[Provided entries Boundary: Start]
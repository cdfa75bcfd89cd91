-- ===== src/Broker.antt =====
-- shared/pkg/broker/rabbitmq.go: the connection to RabbitMQ. The AMQP library and the sockets are not
-- the program's: what they answer are arguments, and what the program asks of them is written to a
-- trace, newest first. A section under the mutex is one step; where another goroutine may call Close
-- between two sections, an argument says whether it does.
pub mod Publisher
pub mod Publish
pub mod Connect
pub mod Queues
pub mod Life
use price_scount.Base.{
  ℕ, suc, ◌+◌, ◌-◌, String, Bool, true, false, not, ◌||◌, Option, none, some, List, [], ◌∷◌, ◌==◌,
  ltb, if◌then◌else◌,
}

-- The errors of the package. `cancelled` is the error of the context, and `unroutable` has the text
-- of the returned message.
pub data BrokerError : Type 0 where
  json_failed dial_failed channel_failed qos_failed confirm_failed setup_timeout : BrokerError
  deadline_failed cancelled connection_closed unavailable publish_failed : BrokerError
  confirms_lost nacked declare_failed consume_failed : BrokerError
  unroutable : String → BrokerError
  -- What ConnectWithRetry makes of the last error, and of none.
  gave_up : BrokerError → BrokerError
  never_tried : BrokerError

pub data Answer (A : Type 0) : Type 0 where
  done : A → Answer A
  failed : BrokerError → Answer A

-- A call of the library. Sockets, connections and channels go by numbers.
pub data Effect : Type 0 where
  socket_closed connection_closed_by : ℕ → Effect
  -- A consumer channel that is opened or closed, and a queue that it consumes.
  channel_opened channel_closed : ℕ → Effect
  consuming : ℕ → String → Effect
  -- A socket and its deadline.
  limited : ℕ → ℕ → Effect
  unlimited : ℕ → Effect
  -- A publisher channel that was opened.
  opened : ℕ → Effect
  -- A message that the channel accepted, with its queue and body.
  published : ℕ → String → String → Effect
  -- A confirmation taken from the stream of a channel, and the end of that stream.
  confirm_taken stream_ended : ℕ → Effect
  -- A durable queue, with its time to live and the queue that its expired messages go to.
  declared : String → Option (ℕ × String) → Effect

pub record Connection : Type 0 where
  pub conn : Option ℕ
  pub pub_conn : Option ℕ
  pub pub_net_conn : Option ℕ
  pub ch : Option ℕ
  pub publish_ch : Option ℕ
  -- The channel whose confirmations and returns the program listens to.
  pub confirms : Option ℕ
  pub returns : Option ℕ
  pub closed : Bool
  pub trace : List Effect

-- A section that may fail; the state stays as it was left.
abbrev pub Section : Type 0 → Type 0
Section A = Connection → Answer A × Connection

infixl 5 ◌>>=◌ ◌>>◌
abbrev pub ◌>>=◌ : {A B : Type 0} → Section A → (A → Section B) → Section B
◌>>=◌ m f c = let (r, c') = m c in elim r [ failed e ↦ (failed e, c') | done a ↦ f a c' ]

abbrev pub ◌>>◌ : {A B : Type 0} → Section A → Section B → Section B
m >> k = m >>= λ _. k

abbrev pub returning : {A : Type 0} → A → Section A
returning a c = (done a, c)

abbrev pub note : Effect → Connection → Connection
note e c = record c { trace = e ∷ c.trace }

abbrev pub then_do : (Connection → Connection) → Section (Unit {0})
then_do f c = (done tt, f c)

-- A call that fails unless the library answers `true`, with what is closed on the way out.
abbrev pub need : Bool → BrokerError → (Connection → Connection) → Section (Unit {0})
need true e leave c = (done tt, c)
need false e leave c = (failed e, leave c)

-- What a failure closes on the way out, and what is done in any case.
abbrev pub on_failure : {A : Type 0} → (Connection → Connection) → Section A → Section A
on_failure leave m c =
    let (r, c') = m c in elim r [ failed e ↦ (failed e, leave c') | done a ↦ (done a, c') ]

abbrev pub finally : {A : Type 0} → (Connection → Connection) → Section A → Section A
finally leave m c = let (r, c') = m c in (r, leave c')

abbrev pub unchanged : Connection → Connection
unchanged c = c

-- setWriteDeadline with the zero time, on the socket that is there.
abbrev pub clear_deadline : Option ℕ → Connection → Connection
clear_deadline none c = c
clear_deadline (some s) c = note (unlimited s) c

-- Closes a socket and a connection, where there are any.
abbrev pub drop_socket : Option ℕ → Connection → Connection
drop_socket none c = c
drop_socket (some s) c = note (socket_closed s) c

abbrev pub drop_connection : Option ℕ → Connection → Connection
drop_connection none c = c
drop_connection (some k) c = note (connection_closed_by k) c

-- The assignment that takes the publisher out of the connection.
abbrev pub no_publisher : Connection → Connection
no_publisher c = record c {
  pub_conn = none;
  publish_ch = none;
  confirms = none;
  returns = none;
  pub_net_conn = none;
}

-- retirePublisher.
unfoldable pub retire_publisher : ℕ → Connection → Connection
retire_publisher channel c = elim c.publish_ch [
  | none ↦ c
  | some held ↦
      if held == channel
      then drop_connection c.pub_conn (drop_socket c.pub_net_conn (no_publisher c))
      else c
]

unfoldable pub close : Connection → Connection
close c =
    if c.closed
    then c
    else (drop_connection c.conn (
        drop_connection c.pub_conn
          (drop_socket c.pub_net_conn (record (no_publisher c) { closed = true }))))

-- Close by another goroutine, if it comes here.
abbrev pub closing : Bool → Connection → Connection
closing true c = close c
closing false c = c

-- IsClosed of the publisher's connection and of its channel.
pub record Health : Type 0 where
  pub connection_is_closed : Bool
  pub channel_is_closed : Bool

abbrev pub is_lost : Option ℕ → Bool → Bool
is_lost none b = true
is_lost (some k) b = b

-- The test that isDead and redial share: no publisher connection or channel that is open.
abbrev pub lacks_publisher : Health → Connection → Bool
lacks_publisher h c =
    is_lost c.pub_conn h.connection_is_closed || is_lost c.publish_ch h.channel_is_closed

-- isDead.
unfoldable pub is_dead : Health → Connection → Bool
is_dead h c = c.closed || lacks_publisher h c

-- The deadline of a write or of the setup: five seconds from now, or the context's if that is
-- earlier. Times count seconds.
unfoldable pub io_deadline : ℕ → Option ℕ → ℕ
io_deadline now none = now + 5
io_deadline now (some limit) = if ltb limit (now + 5) then limit else now + 5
[Provided entries Boundary: End]
The records above need to be output again, verbatim.

repository cdfa75bcfd89cd91
-- ===== src/Broker.antt =====
-- shared/pkg/broker/rabbitmq.go: the connection to RabbitMQ. The AMQP library and the sockets are not
-- the program's: what they answer are arguments, and what the program asks of them is written to a
-- trace, newest first. A section under the mutex is one step; where another goroutine may call Close
-- between two sections, an argument says whether it does.
pub mod Publisher
pub mod Publish
pub mod Connect
pub mod Queues
pub mod Life
use price_scount.Base.{
  ℕ, suc, ◌+◌, ◌-◌, String, Bool, true, false, not, ◌||◌, Option, none, some, List, [], ◌∷◌, ◌==◌,
  ltb, if◌then◌else◌,
}

-- The errors of the package. `cancelled` is the error of the context, and `unroutable` has the text
-- of the returned message.
pub data BrokerError : Type 0 where
  json_failed dial_failed channel_failed qos_failed confirm_failed setup_timeout : BrokerError
  deadline_failed cancelled connection_closed unavailable publish_failed : BrokerError
  confirms_lost nacked declare_failed consume_failed : BrokerError
  unroutable : String → BrokerError
  -- What ConnectWithRetry makes of the last error, and of none.
  gave_up : BrokerError → BrokerError
  never_tried : BrokerError

pub data Answer (A : Type 0) : Type 0 where
  done : A → Answer A
  failed : BrokerError → Answer A

-- A call of the library. Sockets, connections and channels go by numbers.
pub data Effect : Type 0 where
  socket_closed connection_closed_by : ℕ → Effect
  -- A consumer channel that is opened or closed, and a queue that it consumes.
  channel_opened channel_closed : ℕ → Effect
  consuming : ℕ → String → Effect
  -- A socket and its deadline.
  limited : ℕ → ℕ → Effect
  unlimited : ℕ → Effect
  -- A publisher channel that was opened.
  opened : ℕ → Effect
  -- A message that the channel accepted, with its queue and body.
  published : ℕ → String → String → Effect
  -- A confirmation taken from the stream of a channel, and the end of that stream.
  confirm_taken stream_ended : ℕ → Effect
  -- A durable queue, with its time to live and the queue that its expired messages go to.
  declared : String → Option (ℕ × String) → Effect

pub record Connection : Type 0 where
  pub conn : Option ℕ
  pub pub_conn : Option ℕ
  pub pub_net_conn : Option ℕ
  pub ch : Option ℕ
  pub publish_ch : Option ℕ
  -- The channel whose confirmations and returns the program listens to.
  pub confirms : Option ℕ
  pub returns : Option ℕ
  pub closed : Bool
  pub trace : List Effect

-- A section that may fail; the state stays as it was left.
abbrev pub Section : Type 0 → Type 0
Section A = Connection → Answer A × Connection

infixl 5 ◌>>=◌ ◌>>◌
abbrev pub ◌>>=◌ : {A B : Type 0} → Section A → (A → Section B) → Section B
◌>>=◌ m f c = let (r, c') = m c in elim r [ failed e ↦ (failed e, c') | done a ↦ f a c' ]

abbrev pub ◌>>◌ : {A B : Type 0} → Section A → Section B → Section B
m >> k = m >>= λ _. k

abbrev pub returning : {A : Type 0} → A → Section A
returning a c = (done a, c)

abbrev pub note : Effect → Connection → Connection
note e c = record c { trace = e ∷ c.trace }

abbrev pub then_do : (Connection → Connection) → Section (Unit {0})
then_do f c = (done tt, f c)

-- A call that fails unless the library answers `true`, with what is closed on the way out.
abbrev pub need : Bool → BrokerError → (Connection → Connection) → Section (Unit {0})
need true e leave c = (done tt, c)
need false e leave c = (failed e, leave c)

-- What a failure closes on the way out, and what is done in any case.
abbrev pub on_failure : {A : Type 0} → (Connection → Connection) → Section A → Section A
on_failure leave m c =
    let (r, c') = m c in elim r [ failed e ↦ (failed e, leave c') | done a ↦ (done a, c') ]

abbrev pub finally : {A : Type 0} → (Connection → Connection) → Section A → Section A
finally leave m c = let (r, c') = m c in (r, leave c')

abbrev pub unchanged : Connection → Connection
unchanged c = c

-- setWriteDeadline with the zero time, on the socket that is there.
abbrev pub clear_deadline : Option ℕ → Connection → Connection
clear_deadline none c = c
clear_deadline (some s) c = note (unlimited s) c

-- Closes a socket and a connection, where there are any.
abbrev pub drop_socket : Option ℕ → Connection → Connection
drop_socket none c = c
drop_socket (some s) c = note (socket_closed s) c

abbrev pub drop_connection : Option ℕ → Connection → Connection
drop_connection none c = c
drop_connection (some k) c = note (connection_closed_by k) c

-- The assignment that takes the publisher out of the connection.
abbrev pub no_publisher : Connection → Connection
no_publisher c = record c {
  pub_conn = none;
  publish_ch = none;
  confirms = none;
  returns = none;
  pub_net_conn = none;
}

-- retirePublisher.
unfoldable pub retire_publisher : ℕ → Connection → Connection
retire_publisher channel c = elim c.publish_ch [
  | none ↦ c
  | some held ↦
      if held == channel
      then drop_connection c.pub_conn (drop_socket c.pub_net_conn (no_publisher c))
      else c
]

unfoldable pub close : Connection → Connection
close c =
    if c.closed
    then c
    else (drop_connection c.conn (
        drop_connection c.pub_conn
          (drop_socket c.pub_net_conn (record (no_publisher c) { closed = true }))))

-- Close by another goroutine, if it comes here.
abbrev pub closing : Bool → Connection → Connection
closing true c = close c
closing false c = c

-- IsClosed of the publisher's connection and of its channel.
pub record Health : Type 0 where
  pub connection_is_closed : Bool
  pub channel_is_closed : Bool

abbrev pub is_lost : Option ℕ → Bool → Bool
is_lost none b = true
is_lost (some k) b = b

-- The test that isDead and redial share: no publisher connection or channel that is open.
abbrev pub lacks_publisher : Health → Connection → Bool
lacks_publisher h c =
    is_lost c.pub_conn h.connection_is_closed || is_lost c.publish_ch h.channel_is_closed

-- isDead.
unfoldable pub is_dead : Health → Connection → Bool
is_dead h c = c.closed || lacks_publisher h c

-- The deadline of a write or of the setup: five seconds from now, or the context's if that is
-- earlier. Times count seconds.
unfoldable pub io_deadline : ℕ → Option ℕ → ℕ
io_deadline now none = now + 5
io_deadline now (some limit) = if ltb limit (now + 5) then limit else now + 5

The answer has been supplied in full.